Hiss Golden Messenger: Country Hai East Cotton

By Team JamBase May 27, 2009 1:39 pm PDT

By: Dennis Cook

True spirituality comes to us slowly. Despite books and mouth pieces that promise instant satisfaction and understanding, offering us checklists and comfy platitudes, one rarely gets to the real nutmeat of the human condition and its relation to the divine without long cogitation. Rarer still is rock that actively engages “The Big Picture” without sounding like a damn New Age bookstore soundtrack. But, there is Hiss Golden Messenger, who dip a twig down into ontological anthills, nibbling at the crawling wisdom they pull up and spitting it out with sticky, effervescent insight. Born from under-sung S.F. great The Court and Spark, this now bicoastal aggregate is like a blue-eyed answer to Niyabinghi music, observing, “The truth is that we’re here and then we’re gone,” yet still knotting their talented fingers into something celestial, folkloric and deep paired with a sparkling, enormously easy to like musical feel that draws freely from ’60s English folk, Meddle era Pink Floyd, Jamaican strains, Winwood-esque pastoral jazz-rock and more.

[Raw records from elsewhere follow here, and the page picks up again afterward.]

-- ===== src/Download/Handlers.antt =====
-- pkg/download: the handlers of cmd/go's requests (list.go, latest.go, version_info.go,
-- version_module.go, version_zip.go), and the pool of workers around the protocol (addons). The
-- library net/url with path.Join is a parameter, and so is encoding/json; the log is left out.
pub mod Statuses
mod Tests
use athens.Prelude.{
  ℕ, Bool, true, false, Option, none, some, List, [], ◌∷◌, ◌++◌, ◌==◌, nat_eq, if◌then◌else◌, Text,
  text, length, ltb,
}
use athens.Errors.{
  GoError, Result, ok, err, make_error, error_arg, kind_arg, module_arg, version_arg, severity_arg,
  kind, expect, kind_bad_request, kind_not_found, kind_redirect,
}
use athens.Paths.{Vars, AllPathParams, get_module, get_all_params}
use athens.Download.Mode.{DownloadFile, url}
use athens.Download.Protocol.{Opts, World, RevInfo, list, latest, info, go_mod, zip}

-- The interface `Protocol`; the state W is what its operations work on. A nil value is `none`.
pub record Protocol (W : Type 0) : Type 0 where
  pub list : W → Text → Result (List Text)
  pub latest : W → Text → Result RevInfo
  pub info : W → Text → Text → Result (Option Text) × W
  pub go_mod : W → Text → Text → Result (Option Text) × W
  pub zip : W → Text → Text → Result (Option Text) × W

-- The protocol of pkg/download, which `New` makes.
abbrev pub new_protocol : {S : Type 0} → Opts S → Protocol (World S)
new_protocol p = record {
  list = λ w. list p w.store;
  latest = λ w. latest p;
  info = info p;
  go_mod = go_mod p;
  zip = zip p;
}

-- addons/with_pool.go: a worker runs the operation, and the caller waits for it.
unfoldable pub pooled : {A : Type 0} → Text → Result A → Result A
pooled op (ok a) = ok a
pooled op (err e) = err (make_error op (error_arg e ∷ []))

unfoldable pub with_pool : {W : Type 0} → Protocol W → Protocol W
unfolding pooled
with_pool dp = record {
  list = λ w mod_path. pooled (text "pool.List") (dp.list w mod_path);
  latest = λ w mod_path. pooled (text "pool.Latest") (dp.latest w mod_path);
  info = λ w mod_path ver.
      let done = dp.info w mod_path ver in (pooled (text "pool.Info") done.0, done.1);
  go_mod = λ w mod_path ver.
      let done = dp.go_mod w mod_path ver in (pooled (text "pool.GoMod") done.0, done.1);
  zip = λ w mod_path ver.
      let done = dp.zip w mod_path ver in (pooled (text "pool.Zip") done.0, done.1);
}

-- What the client gets: a status without a body, a body with the status 200, the archive with its
-- Content-Length, a redirect with its status and address, or a closed connection, where the handler
-- panics.
pub data Response : Type 0 where
  status : ℕ → Response
  body : Text → Response
  archive : Option ℕ → Text → Response
  redirected : ℕ → Text → Response
  aborted : Response

-- What the handlers read of a request: the variables of the router, `r.URL.Path`, and whether the
-- method is HEAD.
pub record Request : Type 0 where
  pub vars : Vars
  pub path : Text
  pub is_head : Bool

unfoldable pub get_module_params : Vars → Text → Result AllPathParams
get_module_params vars op = elim (get_all_params vars) [
  | err e ↦ err (make_error op (error_arg e ∷ kind_arg kind_bad_request ∷ []))
  | ok params ↦ ok params
]

unfoldable pub join_lines : List Text → Text
join_lines [] = []
join_lines (v ∷ []) = v
join_lines (v ∷ w ∷ versions) = v ++ b'\n' ∷ join_lines (w ∷ versions)

-- `w.Write(info)`: nil writes nothing.
abbrev written : Option Text → Response
written none = body []
written (some bytes) = body bytes

-- `zip.Size()` of a nil reader panics. The size of a reader is that of its content.
abbrev sent_archive : Bool → Option Text → Response
sent_archive is_head none = aborted
sent_archive is_head (some bytes) =
    archive (if ltb 0 (length bytes) then some (length bytes) else none)
      (if is_head then [] else bytes)

expected_level : GoError → ℕ
expected_level e = expect e (kind_not_found ∷ kind_redirect ∷ [])

module _ {W : Type 0} (dp : Protocol W) (encode : RevInfo → Text) where
  pub list_handler : W → Request → Response
  unfolding join_lines
  list_handler w r = elim (get_module r.vars) [
    | err e ↦ status 500
    | ok mod_path ↦ elim (dp.list w mod_path) [
      | err e ↦ status (
          kind (
            make_error (text "download.ListHandler")
              (error_arg e ∷ severity_arg (expect e (kind_not_found ∷ [])) ∷ [])))
      | ok versions ↦ body (join_lines versions)
    ]
  ]

  pub latest_handler : W → Request → Response
  latest_handler w r = elim (get_module r.vars) [
    | err e ↦ status 500
    | ok mod_path ↦ elim (dp.latest w mod_path) [
      | err e ↦ status (
          kind (
            make_error (text "download.LatestHandler")
              (error_arg e ∷ severity_arg (expect e (kind_not_found ∷ [])) ∷ [])))
      | ok rev ↦ body (encode rev)
    ]
  ]

-- The answer to a redirect: `wrap` is what the handler makes of an error of getRedirectURL.
abbrev pub redirect_to : (GoError → GoError) → Result Text → Response
redirect_to wrap (err e) = status (kind (wrap e))
redirect_to wrap (ok address) = redirected kind_redirect address

-- `getRedirectURL` is the parameter redirect_url.
module _ (df : DownloadFile) (redirect_url : Text → Text → Result Text) where
  -- The end of the three handlers at an error of the protocol.
  failure : (GoError → GoError) → Text → Request → GoError → Response
  failure wrap mod_path r e =
      if kind e == kind_redirect
      then redirect_to wrap (redirect_url (url df mod_path) r.path)
      else status (kind e)

  -- After the status of an error, the handler writes the bytes, which are nil then.
  info_answer : AllPathParams → Request → Result (Option Text) → Response
  unfolding failure
  info_answer params r (err e) = failure (λ e'. e') params.module_path r e
  info_answer params r (ok bytes) = written bytes

  module_answer : AllPathParams → Request → Result (Option Text) → Response
  unfolding failure expected_level
  module_answer params r (err e) =
      let op = text "download.VersionModuleHandler" in
      failure
        (λ e'.
          make_error op
            (module_arg params.module_path ∷ version_arg params.version ∷ error_arg e' ∷ []))
        params.module_path r (make_error op (error_arg e ∷ severity_arg (expected_level e) ∷ []))
  module_answer params r (ok bytes) = written bytes

  zip_answer : AllPathParams → Request → Result (Option Text) → Response
  unfolding failure expected_level
  zip_answer params r (err e) =
      failure (λ e'. e') params.module_path r
        (make_error (text "download.ZipHandler")
          (error_arg e ∷ severity_arg (expected_level e) ∷ []))
  zip_answer params r (ok bytes) = sent_archive r.is_head bytes

  module _ {W : Type 0} (dp : Protocol W) where
    pub info_handler : W → Request → Response × W
    unfolding info_answer
    info_handler w r = elim (get_module_params r.vars (text "download.InfoHandler")) [
      | err e ↦ (status (kind e), w)
      | ok params ↦
          let done = dp.info w params.module_path params.version in
          (info_answer params r done.0, done.1)
    ]

    pub module_handler : W → Request → Response × W
    unfolding module_answer
    module_handler w r =
        let op = text "download.VersionModuleHandler" in
        elim (get_module_params r.vars op) [
          | err e ↦
              (status (kind (make_error op (module_arg [] ∷ version_arg [] ∷ error_arg e ∷ []))), w)
          | ok params ↦
              let done = dp.go_mod w params.module_path params.version in
              (module_answer params r done.0, done.1)
        ]

    pub zip_handler : W → Request → Response × W
    unfolding zip_answer
    zip_handler w r = elim (get_module_params r.vars (text "download.ZipHandler")) [
      | err e ↦ (status (kind e), w)
      | ok params ↦
          let done = dp.zip w params.module_path params.version in
          (zip_answer params r done.0, done.1)
    ]
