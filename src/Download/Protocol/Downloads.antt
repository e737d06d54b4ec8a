-- ===== src/Download/Protocol/Downloads.antt =====
-- `Info`, `GoMod` and `Zip`, and what `processDownload` does in each download mode.
use athens.Prelude.{
  ℕ, ◌≡◌, ◌≢◌, refl, Bool, true, false, none, some, [], ◌∷◌, ◌++◌, nat_eq, if◌then◌else◌, Text,
  arith, append-nil,
}
use athens.Errors.{
  GoError, Result, ok, err, kind, kind_not_found, kind_redirect, is_not_found_err, make_error,
  Fails,
}
use athens.Download.Mode.{
  Mode, sync, async, redirect, async_redirect, nothing, unknown, is_known, match_mode,
}
use athens.Download.Protocol.{
  World, Opts, process_mode, process_download, finish, serve, info, run_jobs, run_jobs_from,
}

-- The kind with which a mode answers for a missing version, and whether it leaves a stash to run.
abbrev pub answer_kind : Mode → ℕ
answer_kind redirect = kind_redirect
answer_kind async_redirect = kind_redirect
answer_kind _ = kind_not_found

abbrev pub leaves_job : Mode → Bool
leaves_job async = true
leaves_job async_redirect = true
leaves_job _ = false

module _ {S A : Type 0} (p : Opts S) (op : Text) (read : S → Text → Text → Result A) (w : World S)
    (mod_path ver : Text) where
  -- What is stored is served as it is, and the proxy's state stays.
  serve_stored :
      (a : A) → read w.store mod_path ver ≡ ok a → serve p op read w mod_path ver ≡ (ok (some a), w)
  unfolding serve
  serve_stored a h = rw (h, serve) refl

  -- A storage that fails in another way than by not finding the version fails the request with its
  -- kind, and nothing is downloaded.
  pub serve_storage_failure :
      (e : GoError)
      → read w.store mod_path ver ≡ err e
      → kind e ≢ kind_not_found
      → Fails (serve p op read w mod_path ver).0 (kind e) × ((serve p op read w mod_path ver).1 ≡ w)
  unfolding serve
  serve_storage_failure e h other =
      let found : is_not_found_err e ≡ false = unfold is_not_found_err in ground arith in
      (rw (h, serve) (rw found (unfold make_error kind in refl)), rw (h, serve) (rw found refl))

  module _ (e : GoError) (missing : read w.store mod_path ver ≡ err e)
      (gone : kind e ≡ kind_not_found) where
    serve_missing : serve p op read w mod_path ver ≡ (
      finish p op
          (process_mode p (match_mode p.df mod_path) w mod_path ver (λ s v. read s mod_path v)).0,
      (process_mode p (match_mode p.df mod_path) w mod_path ver (λ s v. read s mod_path v)).1,
    )
    unfolding serve
    serve_missing =
        let found : is_not_found_err e ≡ true = unfold is_not_found_err in ground arith in
        rw (missing, serve) (rw found (unfold process_download in refl))

    -- For a version that the storage does not find, in the sync mode, where the stash succeeds and
    -- its version is then in the storage: the answer is what the storage holds after the stash under
    -- the version that the stasher resolved.
    pub serve_sync :
        (new_ver : Text) (a : A)
        → match_mode p.df mod_path ≡ sync
        → (p.stash w.store mod_path ver).0 ≡ ok new_ver
        → read (p.stash w.store mod_path ver).1 mod_path new_ver ≡ ok a
        → serve p op read w mod_path ver
          ≡ (ok (some a), record w { store = (p.stash w.store mod_path ver).1 })
    serve_sync new_ver a m stashed again =
        rw serve_missing (rw m (unfold process_mode finish in rw stashed (rw (again, finish) refl)))

    -- Where the stash fails, the request fails with the kind of that failure.
    pub serve_sync_failure :
        (e' : GoError)
        → match_mode p.df mod_path ≡ sync
        → (p.stash w.store mod_path ver).0 ≡ err e'
        → Fails (serve p op read w mod_path ver).0 (kind e')
    serve_sync_failure e' m stashed =
        rw serve_missing (rw m (unfold process_mode finish make_error kind in rw stashed refl))

    -- For a version that the storage does not find, the known modes other than sync do not wait for
    -- a download: the storage stays as it is, and the request fails with a redirect or as not found;
    -- the asynchronous modes leave the stash to run later.
    pub serve_at_once :
        (m : Mode)
        → match_mode p.df mod_path ≡ m
        → m ≢ sync
        → is_known m ≡ true
        → Fails (serve p op read w mod_path ver).0 (answer_kind m)
          × ((serve p op read w mod_path ver).1
              ≡ record w { jobs = w.jobs ++ (if leaves_job m then (mod_path, ver) ∷ [] else []) })
    unfolding process_mode finish make_error kind
    serve_at_once sync e m known = absurd (m refl)
    serve_at_once async e m known = (rw serve_missing (rw e refl), rw serve_missing (rw e refl))
    serve_at_once redirect e m known =
        (rw serve_missing (rw e refl), rw serve_missing (rw (e, append-nil) refl))
    serve_at_once async_redirect e m known =
        (rw serve_missing (rw e refl), rw serve_missing (rw e refl))
    serve_at_once nothing e m known =
        (rw serve_missing (rw e refl), rw serve_missing (rw (e, append-nil) refl))
    serve_at_once (unknown t) e m known = absurd (cc)

    -- A mode that is none of the five, which a mode file can hold at its top level: the request
    -- succeeds, and its answer is nil.
    pub serve_unknown :
        (t : Text)
        → match_mode p.df mod_path ≡ unknown t
        → serve p op read w mod_path ver ≡ (ok none, w)
    serve_unknown t m = rw serve_missing (rw m (unfold process_mode finish in refl))

-- A version that the storage does not find, in the async mode, is served once the stash that the request left
-- has run, if it is then in the storage under the version that was asked for.
pub info_after_async :
    {S : Type 0} (p : Opts S) (s : S) (mod_path ver : Text) (e : GoError) (a : Text)
    → p.storage.info s mod_path ver ≡ err e
    → kind e ≡ kind_not_found
    → match_mode p.df mod_path ≡ async
    → p.storage.info (p.stash s mod_path ver).1 mod_path ver ≡ ok a
    → (info p (run_jobs p (info p (record { store = s; jobs = [] }) mod_path ver).1) mod_path ver).0
      ≡ ok (some a)
unfolding info run_jobs
info_after_async p s mod_path ver e a missing gone m there =
    rw
      ((serve_at_once p _ p.storage.info (record { store = s; jobs = [] }) mod_path ver e missing
        gone async m (λ q. cc) refl).1)
      (unfold run_jobs_from in rw (there, serve) refl)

You don’t know where this is going. Trust me on this. As opener “Hey Diamond” oozes from the speakers you cannot see the sharp turn into horn punctuated, lacerating reggae-rock waiting near the end nor how wonderfully it works as a lively coda to the atmospherics that precede it. Similarly yet incongruously effective is the transition to the ’60s orchestral style balladry of “Isobel” from the one-drop rich percussion cloud of their fab cover of Tim Rose’s “Boogie Boogie.” While many bands strive for individuality HGM actually carves unique cheekbones and flesh tones throughout this debut. Imbued with inspired horn stabs and string strokes, each song has its own weight, its own character, but still hangs together in the end as the work of a single entity driven by some echo-wide internal logic that allows much to be packed into their spaces.

Painstakingly assembled over a couple years, Country Hai East Cotton (Heaven & Earth Magic Recording Company) shows attention to detail in all regards – packaging, arrangements, production, vocals, everything. Anchored by singer-songwriter-guitarist J.L. Diamond and multi-instrumentalist Scott Hirsch, HGM is empathetically aided by Mother Hips John Hofer (drums) and Tim Bluhm (guitar, vocals), keyboardists Patrick Main (Oranger) and Matt Cunitz (Mushroom, John Vanderslice), pedal steel player Tom Heyman (David Dondero), vocalist Pink Nasty and other equally talented folks. It’s a thick sound but never overly busy.

Having observed the gestation of these songs live and in various rudimentary studio versions since the band’s inception, I can attest to the strength of the fully realized final product. As potent and engaging as their live sets can be, there’s an equal grab here, a subtle force beyond just another batch of tunes that seizes some buried nerve and makes us moan the “Resurrection Blues” along with ol’ J.L. as the THC-friendly trombone makes us shuffle a newfangled second line.

Available as a gorgeous limited edition CD, Country Hai East Cotton is the sort of album years hence that will be celebrated and held heart-close like recent rediscoveries like Linda Perhacs’ Parallelograms, Vashti Bunyan’s Just Another Diamond Day and other out-of-time, highly unique jewels. The added bonus is this is a contemporary happening, very much alive and ripe for discovery today instead of tomorrow.